Other systems have been disclosed to allow the electric submersible pump to continue to operate in a re-circulation mode in the event of an emergency that requires the well to be shut in. Such systems are disclosed in U.S. Pat. No. RE 32,343 and U.S. Pat. No. 4,354,554.
Systems are also known for use in conducting an emergency shut down test of safety shut-off valves. For example, U.S. Pat. No. 7,079,021 discloses an emergency shut-down device controller and sensors to provide data to the controller, the controller having a processor, a memory coupled to the processor and an auxiliary input, wherein an emergency shutdown test is stored in the memory, and the auxiliary input is adapted to receive a binary signal and sensor data. Routines are stored in the memory and are adapted to be executed on the processor to allow the emergency shutdown test to be performed in response to the receipt of a binary signal at the auxiliary input and to cause sensor data to be recorded in the memory during the emergency shutdown test.
The above-described problems and proposed solutions are directed to individual wellhead flowline systems. Parent patent application U.S. Ser. No. 11/977,204, which is incorporated herein by reference, provides a wellhead flowline protection system and method that utilizes the downhole ESP speed controller and an SSV to ensure that dangerous pressure levels are not reached and provides for functional safety testing of the wellhead system. However, a unique problem arises in the context of a group of wellheads that are connected to a common trunkline. The maximum risk reduction criteria allowances combined with the required functional testing and maintenance of each HIPS creates both a practical and a design limitation that does not allow for more than a predetermined number of HIPS along a particular trunkline.
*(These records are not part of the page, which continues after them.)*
-- ===== src/Lib.antt =====
-- Verification library of Communication-Protocols: three programs, a software router
-- (Packet-Routing-IP-Eth), a web client (Client-Web-RestAPI) and a message server with its
-- subscribers (Client-Server-TCP-UDP).
--
-- The router. `main` of router.c reads the routing table, sorts it, and then handles one packet in
-- each round of its loop: it answers echo requests and ARP requests, reports unreachable networks
-- and expired packets, learns from ARP replies, and forwards.
--   Routing/Table     router.c: swap, partition, quicksort, binarySearch, get_best_route
--   Routing/Checksum  skel.c: ip_checksum
--   Routing/Hwaddr    skel.c: hex2num, hex2byte, hwaddr_aton
--   Routing/Queue     queue.c and list.c, on an explicit heap
--   Routing/Packet    include/skel.h: packet, with its headers as bytes at fixed places
--   Routing/Icmp      router.c, main: the echo reply, destination unreachable, time exceeded
--   Routing/Arp       router.c, main: the ARP packets and the ARP table
--   Routing/Router    router.c, main: the loop, and skel.c: get_packet, send_packet
--   Routing/Start     router.c: read_rtable, and main before the loop
-- The global variables and the packet of `main` are the record Router; a handler takes it and gives
-- the new one with the packets sent, in order. A read or a write outside an array is a `fault`, but
-- for the read of `arp_table[-1]`, whose bytes are a parameter and are sent. The queue of the loop
-- is a list, which Routing/Queue implements, and holds the address of the one packet. Words are
-- native numbers with their wrap-around written out; fields are little-endian, as on the machines
-- that the program runs on.
--
-- Fuel: the sort and the search take as much as the range has entries, and each call is on a
-- smaller range; the folding loop of the checksum takes four rounds, after which a sum below 2 ^ 33
-- fits in 16 bits; the address parser has its six rounds. The walk of get_best_route goes down from
-- the index that it starts at.
--
-- Parameters: what select, read and ioctl give (the events and the record System), the address of
-- the packet, the bytes in front of the ARP table, the addresses that malloc gives, and the C
-- library's sscanf, inet_addr and atoi (the record Parser). Not modelled: opening sockets, exits on
-- a failing system call, and the bounds of the lines of rtable.txt.
--
-- The web client. helpers.c builds the requests and reads the responses into the buffer of
-- buffer.c.
--   Web/Buffer        buffer.c
--   Web/Http          helpers.c: compute_message, compute_get_request, compute_post_request,
--                     compute_delete_request, basic_extract_json_response
--   Web/Send          helpers.c: send_to_server
--   Web/Receive       helpers.c: receive_from_server
--   Web/Client        client.c: isNumber, and main as a session over its commands
--   Web/Exchange      one command of client.c with its writes and reads
-- A C string is the list of its bytes without the final 0. The chunks that read gives are a list,
-- and strtol is a parameter; both loops are recursion on the chunks. A write past the end of a
-- buffer of a request is `none`. The decimal printing has fuel for 20 digits, as many as a 64-bit
-- number has. What a search of the buffer returns, header_end and content_length_start are ints of
-- 32 bits, and a sum of them that overflows, which C leaves open, wraps around. The session's
-- cookie and token are the record Session; the JSON library and atoi are parameters. Not modelled:
-- opening and closing the socket, and the blocks that scanf reads words into.
--
-- The message server. server.cpp waits for connections of subscribers, their commands, and
-- datagrams of publishers; helpers.cpp has its data and their decoding; subscriber.cpp is the other
-- side.
--   Messages/Topics      helpers.cpp: add_topic, remove_topic, check_subscription, check_sf_active
--   Messages/Command     helpers.cpp: decode_message
--   Messages/Datagram    helpers.cpp: is_valid_udp_message, decode_udp_message; the packets of a
--                        publisher, whose program is not in the repository, in its Packets
--   Messages/Server      helpers.cpp: add_client_to_clients, get_client, check_unique_id, and
--                        server.cpp: main, with its handlers in Messages/Server/Handlers
--   Messages/Subscriber  subscriber.cpp: main
--   Messages/Session     the two programs together
--   Messages/Memory      helpers.cpp: the lists of topics, pending texts and clients as nodes in
--                        memory, and free_string_list, free_client, free_clients
-- The variables of the server's main are the record ServerState, with the clients on a heap, a
-- function from addresses, that both of its lists point to; the std::map is the list of its pairs
-- in order. A handler takes the state and an input and gives the new state with the packets sent;
-- `none` is a write or a read out of bounds. The buffer that all handlers share is part of each
-- input: what the bytes received do not overwrite may be any bytes, since of the calls of memset
-- that should clear it only the one before a command does. What the subscriber gets is any bytes in
-- any parts. Messages/Memory has as nodes in memory the lists that the other modules have as
-- values: a function takes a memory and the addresses that malloc gives, and gives the new memory,
-- or `none` where a block is read or freed that is not allocated. Fuel: the decimal printing has 20
-- digits, and a loop on a list in memory has more than its nodes; all else is recursion on the
-- lists. Parameters: what select, accept, recv, recvfrom, fgets and inet_ntoa give, the addresses
-- that malloc gives, the block that it gives for a client (with what stands in its unset pointers),
-- and the text of a double (the record Doubles). Not modelled: opening sockets, exits on a failing
-- system call, and prints, print_client of helpers.cpp among them.
--
-- The rest of the repository is not modelled: the JSON library parson.c, which is a copy of another
-- project's, and the test scripts.
pub mod Base
pub mod Routing
pub mod Web
pub mod Messages
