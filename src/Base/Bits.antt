-- ===== src/Base/Bits.antt =====
-- `|` of two hexadecimal digits as a sum, checked at every pair.
use Prim.Native.Nat.{ℕ, zero, suc, ◌+◌, ◌*◌, ◌/◌, ◌%◌, ◌<◌, bit_or}
use mathlib.Core.Path.{◌≡◌, refl}
use mathlib.Core.Logic.{inl, inr}
use native.Mathlib.Omega.{arith}
use communication_protocols.Base.Tests.{◌==◌, ==_iff, Bool-cases, if◌then◌else◌}

-- How many of the numbers below n the two functions map to different values.
misses : (ℕ → ℕ) → (ℕ → ℕ) → ℕ → ℕ
misses f g zero = 0
misses f g (suc n) = (if f n == g n then 0 else 1) + misses f g n

misses-zero : (f g : ℕ → ℕ) (n x : ℕ) → misses f g n ≡ 0 → x < n → f x ≡ g x
unfolding misses
misses-zero f g zero x none_missed small = absurd (omega arith)
misses-zero f g (suc n) x none_missed small = elim (Bool-cases (x == n)) [
  | inl e ↦ let same : x ≡ n = (==_iff x n).0 e in rw same (ground (arith, (==_iff (f n) (g n)).0))
  | inr e ↦ misses-zero f g n x (ground arith) (ground arith)
]

no_digit_misses : misses (λ x. bit_or (x / 16 * 16) (x % 16)) (λ x. x) 256 ≡ 0
unfolding misses
no_digit_misses = refl

nibbles : (x : ℕ) → x < 256 → bit_or (x / 16 * 16) (x % 16) ≡ x
nibbles x h = misses-zero (λ y. bit_or (y / 16 * 16) (y % 16)) (λ y. y) 256 x no_digit_misses h

pub bit_or_nibbles : (a b : ℕ) → a < 16 → b < 16 → bit_or (a * 16) b ≡ a * 16 + b
bit_or_nibbles a b ha hb =
    let q : (a * 16 + b) / 16 ≡ a = omega arith in
    let r : (a * 16 + b) % 16 ≡ b = omega arith in
    ground (arith, nibbles (a * 16 + b) (omega arith))

-- `|` of the two bytes of a 16-bit word, checked at every word.
no_byte_misses :
    misses (λ x. bit_or (x / 256) (x % 256 * 256)) (λ x. x / 256 + x % 256 * 256) 65536 ≡ 0
unfolding misses
no_byte_misses = refl

pub bit_or_bytes : (x : ℕ) → x < 65536 → bit_or (x / 256) (x % 256 * 256) ≡ x / 256 + x % 256 * 256
bit_or_bytes x h =
    misses-zero (λ y. bit_or (y / 256) (y % 256 * 256)) (λ y. y / 256 + y % 256 * 256) 65536 x
      no_byte_misses h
It would be desirable to provide oil/gas operations that utilize electric submersible pumps with a wellhead flowline protection system that is capable of providing fully automated proof-testing and self-diagnostics for a plurality of wells without the need for shutting in the plural wells for the purpose of conducting the test. The “online” testing can be performed at a regular interval, e.g., quarterly, combined with full, shut-in system verification during periods where production is shut down for scheduled, routine maintenance, testing and/or inspection.
It is therefore an object of the present invention to provide a wellhead control system and a method for the continuous monitoring and automatic testing for potential faults in a flowline associated with a cluster of wells each pressurized by an electric submersible pump while continuing the operation of the ESPs.
A further object of the present invention is to provide a reliable, automated testing and shutdown system to replace the instrumented flowline protection systems of the prior art which require production to be interrupted, significant manpower and that are based upon complicated manual proof-testing requirements.
Another object of the invention is to provide a safety test procedure for a cluster of wells each having an ESP that can be performed without interrupting production by turning off the ESP.
Yet another object of the present invention is to eliminate the dependence on manual human intervention for proof-testing of the system by providing an automatic functional testing and diagnostic method and system.